## ACTIVITY
Which lines below hold the word "full"? Report each one.

Stored items:
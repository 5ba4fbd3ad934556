-- ===== src/Fetch/Blocks.antt =====
-- What the client of SP_HW9/52_3 prints of a file.
use sp_hw.Base.{
  ℕ, suc, ◌+◌, ◌-◌, ◌≤◌, ◌<◌, ◌≡◌, ◌≢◌, refl, sym, ap, ap₂, ◌∙◌, Bool, true, false, List, [], ◌∷◌,
  ◌++◌, Option, none, some, if◌then◌else◌, ltb, ltb-true, ltb-false, length, length-append, joined,
  append-nil, append_assoc, All, Bytes, Calls, cstr-padded, Bool-cases, inl, inr, arith,
}
use sp_hw.Fetch.{
  Kind, failure, data_kind, end_kind, Response, content_size, in_array, send_end, send_blocks,
  serve_request, Fetched, complete, overruns, shown, after_message, after_print, receive_rest,
  after_first, receive,
}

abbrev pub HasNoNul : Bytes → Type 0
HasNoNul block = All (λ c. c ≢ 0) block

-- A block that leaves room for a NUL in the array.
pub record IsShort (block : Bytes) : Type 0 where
  pub no_nul : HasNoNul block
  pub fits : length block < content_size

pub shown-short : (block : Bytes) → IsShort block → shown (in_array block) ≡ some block
unfolding shown in_array
shown-short block h =
    rw
      (
        cstr-padded block (content_size - length block) h.no_nul,
        ltb-true (length block) content_size h.fits,
      )
      refl

pub shown-full :
    (block : Bytes) → HasNoNul block → content_size ≤ length block → shown (in_array block) ≡ none
unfolding shown in_array
shown-full block h l =
    rw (cstr-padded block (content_size - length block) h, ltb-false (length block) content_size l)
      refl

-- A message of data whose text is shorter than the array is printed, and the loop goes on.
pub receive_rest-short :
    (block : Bytes) (messages : List Response) (printed : Bytes) (count : ℕ)
    → IsShort block
    → receive_rest (record { kind = data_kind; content = in_array block } ∷ messages) printed count
      ≡ receive_rest messages (printed ++ block) (suc count)
unfolding receive_rest after_print after_message
receive_rest-short block messages printed count h = rw (shown-short block h) refl

pub receive_rest-full :
    (block : Bytes) (messages : List Response) (printed : Bytes) (count : ℕ)
    → HasNoNul block
    → content_size ≤ length block
    → receive_rest (record { kind = data_kind; content = in_array block } ∷ messages) printed count
      ≡ overruns printed
unfolding receive_rest after_print
receive_rest-full block messages printed count h l = rw (shown-full block h l) refl

pub receive_rest-end :
    (block : Bytes) (printed : Bytes) (count : ℕ)
    → IsShort block
    → receive_rest (record { kind = end_kind; content = in_array block } ∷ []) printed count
      ≡ complete (printed ++ block) (suc count)
unfolding receive_rest after_print after_message
receive_rest-end block printed count h = rw (shown-short block h) refl

abbrev pub is_failure : Kind → Bool
is_failure failure = true
is_failure _ = false

after_first-after_print :
    (kind : Kind) (text : Option Bytes) (next_round : Bytes → Fetched)
    → is_failure kind ≡ false
    → after_first kind text next_round ≡ after_print text kind [] 1 next_round
unfolding after_first after_print after_message
after_first-after_print kind none next_round h = refl
after_first-after_print failure (some text) next_round h = cc
after_first-after_print data_kind (some text) next_round h = refl
after_first-after_print end_kind (some text) next_round h = refl

-- But for a failure, the first message is treated as the later ones are.
pub receive-receive_rest :
    (m : Response) (messages : List Response)
    → is_failure m.kind ≡ false
    → receive (m ∷ messages) ≡ receive_rest (m ∷ messages) [] 0
unfolding receive receive_rest
receive-receive_rest m messages h = after_first-after_print m.kind (shown m.content) _ h

pub send_blocks-data :
    (sends : Calls) (k : ℕ) (block : Bytes) (blocks : List Bytes)
    → sends k ≡ true
    → send_blocks sends k (block ∷ blocks)
      ≡ record { kind = data_kind; content = in_array block } ∷ send_blocks sends (suc k) blocks
unfolding send_blocks
send_blocks-data sends k block blocks h = rw h refl

empty-IsShort : IsShort []
empty-IsShort = record { no_nul = tt; fits = omega arith }

pub complete-eq : {p q : Bytes} {m n : ℕ} → p ≡ q → m ≡ n → complete p m ≡ complete q n
complete-eq e f = ap₂ complete e f

-- The loops of both sides together, where every block is short and every send succeeds.
pub receive_rest-send_blocks :
    (sends : Calls) (k : ℕ) (blocks : List Bytes) (printed : Bytes) (count : ℕ)
    → ((j : ℕ) → sends j ≡ true)
    → All IsShort blocks
    → receive_rest (send_blocks sends k blocks) printed count
      ≡ complete (printed ++ joined blocks) (suc (count + length blocks))
unfolding send_blocks send_end
receive_rest-send_blocks sends k [] printed count s h = rw (s k) (
    receive_rest-end [] printed count empty-IsShort
    ∙ complete-eq {p = printed ++ []} refl (omega arith))
receive_rest-send_blocks sends k (block ∷ blocks) printed count s h =
    ap (λ ms. receive_rest ms printed count) (send_blocks-data sends k block blocks (s k))
    ∙ receive_rest-short block (send_blocks sends (suc k) blocks) printed count (h.0)
    ∙ receive_rest-send_blocks sends (suc k) blocks (printed ++ block) (suc count) s (h.1)
    ∙ complete-eq (append_assoc printed block (joined blocks)) (omega arith)

-- The blocks that successive reads bring of a regular file: all but the last are full.
abbrev pub RegularReads : List Bytes → Type 0
RegularReads [] = Unit
RegularReads (b ∷ []) = (0 < length b) × (length b ≤ content_size)
RegularReads (b ∷ c ∷ bs) = (length b ≡ content_size) × RegularReads (c ∷ bs)

-- A first block that fills the array.
receive-full :
    (before : Bytes) (sends : Calls) (block : Bytes) (blocks : List Bytes)
    → ((j : ℕ) → sends j ≡ true)
    → HasNoNul block
    → content_size ≤ length block
    → receive (serve_request true before sends (some (block ∷ blocks))) ≡ overruns []
unfolding serve_request
receive-full before sends block blocks s h l =
    ap receive (send_blocks-data sends 0 block blocks (s 0))
    ∙ receive-receive_rest _ (send_blocks sends 1 blocks) refl
    ∙ receive_rest-full block (send_blocks sends 1 blocks) [] 0 h l

receive-one :
    (before : Bytes) (sends : Calls) (block : Bytes)
    → ((j : ℕ) → sends j ≡ true)
    → IsShort block
    → receive (serve_request true before sends (some (block ∷ []))) ≡ complete block 2
unfolding serve_request
receive-one before sends block s h =
    ap receive (send_blocks-data sends 0 block [] (s 0))
    ∙ receive-receive_rest _ (send_blocks sends 1 []) refl
    ∙ receive_rest-short block (send_blocks sends 1 []) [] 0 h
    ∙ receive_rest-send_blocks sends 1 [] block 1 s tt
    ∙ ap (λ x. complete x 2) (append-nil block)

receive-none :
    (before : Bytes) (sends : Calls)
    → ((j : ℕ) → sends j ≡ true)
    → receive (serve_request true before sends (some [])) ≡ complete [] 1
unfolding serve_request send_blocks send_end
receive-none before sends s = rw (s 0) (
    receive-receive_rest (record { kind = end_kind; content = in_array [] }) [] refl
    ∙ receive_rest-end [] [] 0 empty-IsShort)

-- A regular file whose bytes are not zero is requested, and every message is sent. If the file is
-- shorter than the array of a message, the client prints it, and reports one message more than the
-- file has blocks. If it is not, the first `printf` reads behind the array.
pub receive-serve_request :
    (before : Bytes) (sends : Calls) (blocks : List Bytes)
    → ((j : ℕ) → sends j ≡ true)
    → RegularReads blocks
    → All HasNoNul blocks
    → receive (serve_request true before sends (some blocks)) ≡ (
        if ltb (length (joined blocks)) content_size
        then complete (joined blocks) (suc (length blocks))
        else overruns [])
receive-serve_request before sends [] s r h = receive-none before sends s
receive-serve_request before sends (b ∷ []) s r h =
    elim (Bool-cases (ltb (length b) content_size)) [
      | inl e ↦
          rw (append-nil b, e)
            (receive-one before sends b s (record { no_nul = h.0; fits = ground arith }))
      | inr e ↦ rw (append-nil b, e) (receive-full before sends b [] s (h.0) (ground arith))
    ]
receive-serve_request before sends (b ∷ c ∷ bs) s r h =
    receive-full before sends b (c ∷ bs) s (h.0) (omega (arith, r.0))
    ∙ sym (
        rw
          (ltb-false (length (b ++ joined (c ∷ bs))) content_size
            (omega (arith, r.0, length-append b (joined (c ∷ bs)))))
          refl)
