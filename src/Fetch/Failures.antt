-- ===== src/Fetch/Failures.antt =====
-- What the client of SP_HW9/52_3 gets when the server fails.
use sp_hw.Base.{
  ℕ, suc, ◌+◌, ◌<◌, ◌≡◌, refl, sym, ap, subst, ◌∙◌, true, false, List, [], ◌∷◌, ◌++◌, some, length,
  joined, append_assoc, All, Bytes, Calls, arith,
}
use sp_hw.Fetch.{
  data_kind, end_kind, Response, in_array, send_end, send_blocks, serve_request, complete,
  receive_rest, receive,
}
use sp_hw.Fetch.Blocks.{
  IsShort, is_failure, receive_rest-short, receive_rest-end, receive-receive_rest, send_blocks-data,
  complete-eq,
}

-- The send of one block fails, and those before it and the one behind it succeed.
pub record FailsAt (sends : Calls) (k : ℕ) : Type 0 where
  pub earlier : (j : ℕ) → j < k → sends j ≡ true
  pub fails : sends k ≡ false
  pub recovers : sends (suc k) ≡ true

send_blocks-fails :
    (sends : Calls) (k : ℕ) (block : Bytes) (after : List Bytes)
    → FailsAt sends k
    → send_blocks sends k (block ∷ after)
      ≡ record { kind = end_kind; content = in_array block } ∷ []
unfolding send_blocks send_end
send_blocks-fails sends k block after f = rw (f.fails, f.recovers) refl

receive_rest-cut :
    (sends : Calls) (k n : ℕ) (front : List Bytes) (block : Bytes) (after : List Bytes)
    (printed : Bytes) (count : ℕ)
    → FailsAt sends n
    → n ≡ k + length front
    → All IsShort front
    → IsShort block
    → receive_rest (send_blocks sends k (front ++ block ∷ after)) printed count
      ≡ complete (printed ++ (joined front ++ block)) (suc (count + length front))
receive_rest-cut sends k n [] block after printed count f e h b =
    ap (λ ms. receive_rest ms printed count)
      (send_blocks-fails sends k block after (subst (FailsAt sends) (omega (arith, e)) f))
    ∙ receive_rest-end block printed count b
    ∙ complete-eq {p = printed ++ block} refl (omega arith)
receive_rest-cut sends k n (x ∷ front) block after printed count f e h b =
    ap (λ ms. receive_rest ms printed count)
      (send_blocks-data sends k x (front ++ block ∷ after) (f.earlier k (omega (arith, e))))
    ∙ receive_rest-short x (send_blocks sends (suc k) (front ++ block ∷ after)) printed count (h.0)
    ∙ receive_rest-cut sends (suc k) n front block after (printed ++ x) (suc count) f
        (omega (arith, e)) (h.1) b
    ∙ complete-eq
        (append_assoc printed x (joined front ++ block)
          ∙ ap (λ y. printed ++ y) (sym (append_assoc x (joined front) block)))
        (omega arith)

not_failure :
    (sends : Calls) (k : ℕ) (front : List Bytes) (block : Bytes) (after : List Bytes)
    → FailsAt sends (k + length front)
    → (m : Response) × (ms : List Response) × (send_blocks sends k (front ++ block ∷ after)
        ≡ m ∷ ms)
      × (is_failure m.kind ≡ false)
not_failure sends k [] block after f = (
  record { kind = end_kind; content = in_array block },
  [],
  send_blocks-fails sends k block after (subst (FailsAt sends) (omega arith) f),
  refl,
)
not_failure sends k (x ∷ front) block after f = (
  record { kind = data_kind; content = in_array x },
  send_blocks sends (suc k) (front ++ block ∷ after),
  send_blocks-data sends k x (front ++ block ∷ after) (f.earlier k (omega arith)),
  refl,
)

-- If the send of a block fails, and those before it and the one behind it succeed, the client prints
-- the file up to that block, this block included, and ends as it does behind a whole file. All
-- these blocks leave room for a NUL in the array and hold none.
pub receive-cut :
    (before : Bytes) (sends : Calls) (front : List Bytes) (block : Bytes) (after : List Bytes)
    → FailsAt sends (length front)
    → All IsShort front
    → IsShort block
    → receive (serve_request true before sends (some (front ++ block ∷ after)))
      ≡ complete (joined front ++ block) (suc (length front))
unfolding serve_request
receive-cut before sends front block after f h b =
    let g : FailsAt sends (0 + length front) = subst (FailsAt sends) (omega arith) f in
    let (m, ms, e, k) = not_failure sends 0 front block after g in
    ap receive e
    ∙ receive-receive_rest m ms k
    ∙ ap (λ x. receive_rest x [] 0) (sym e)
    ∙ receive_rest-cut sends 0 (length front) front block after [] 0 f (omega arith) h b
    ∙ complete-eq {p = joined front ++ block} refl (omega arith)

## SOLUTION FOR THIS PROBLEM
pub shown-full :
shown-full block h l =
pub receive_rest-full :
receive_rest-full block messages printed count h l = rw (shown-full block h l) refl
-- The blocks that successive reads bring of a regular file: all but the last are full.
receive-full :
receive-full before sends block blocks s h l =
    ∙ receive_rest-full block (send_blocks sends 1 blocks) [] 0 h l
      | inr e ↦ rw (append-nil b, e) (receive-full before sends b [] s (h.0) (ground arith))
    receive-full before sends b (c ∷ bs) s (h.0) (omega (arith, r.0))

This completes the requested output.